Take the listing and give it again exactly, from its first line to its last line.
# # #
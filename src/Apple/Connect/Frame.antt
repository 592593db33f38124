-- ===== src/Apple/Connect/Frame.antt =====
-- What the connect handler leaves alone, whatever the device sends.
pub mod Base
mod Evaluation
mod Reports
pub mod Handler
pub use Base.{DeviceKey, device_key, CommandKey, command_key, FrameOf, frame}
pub use Handler.*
# # #
# Solution
filename src/Apple/Connect/Frame.antt
repository 592593db33f38124
-- ===== src/Apple/Connect/Frame.antt =====
-- What the connect handler leaves alone, whatever the device sends.
pub mod Base
mod Evaluation
mod Reports
pub mod Handler
pub use Base.{DeviceKey, device_key, CommandKey, command_key, FrameOf, frame}
pub use Handler.*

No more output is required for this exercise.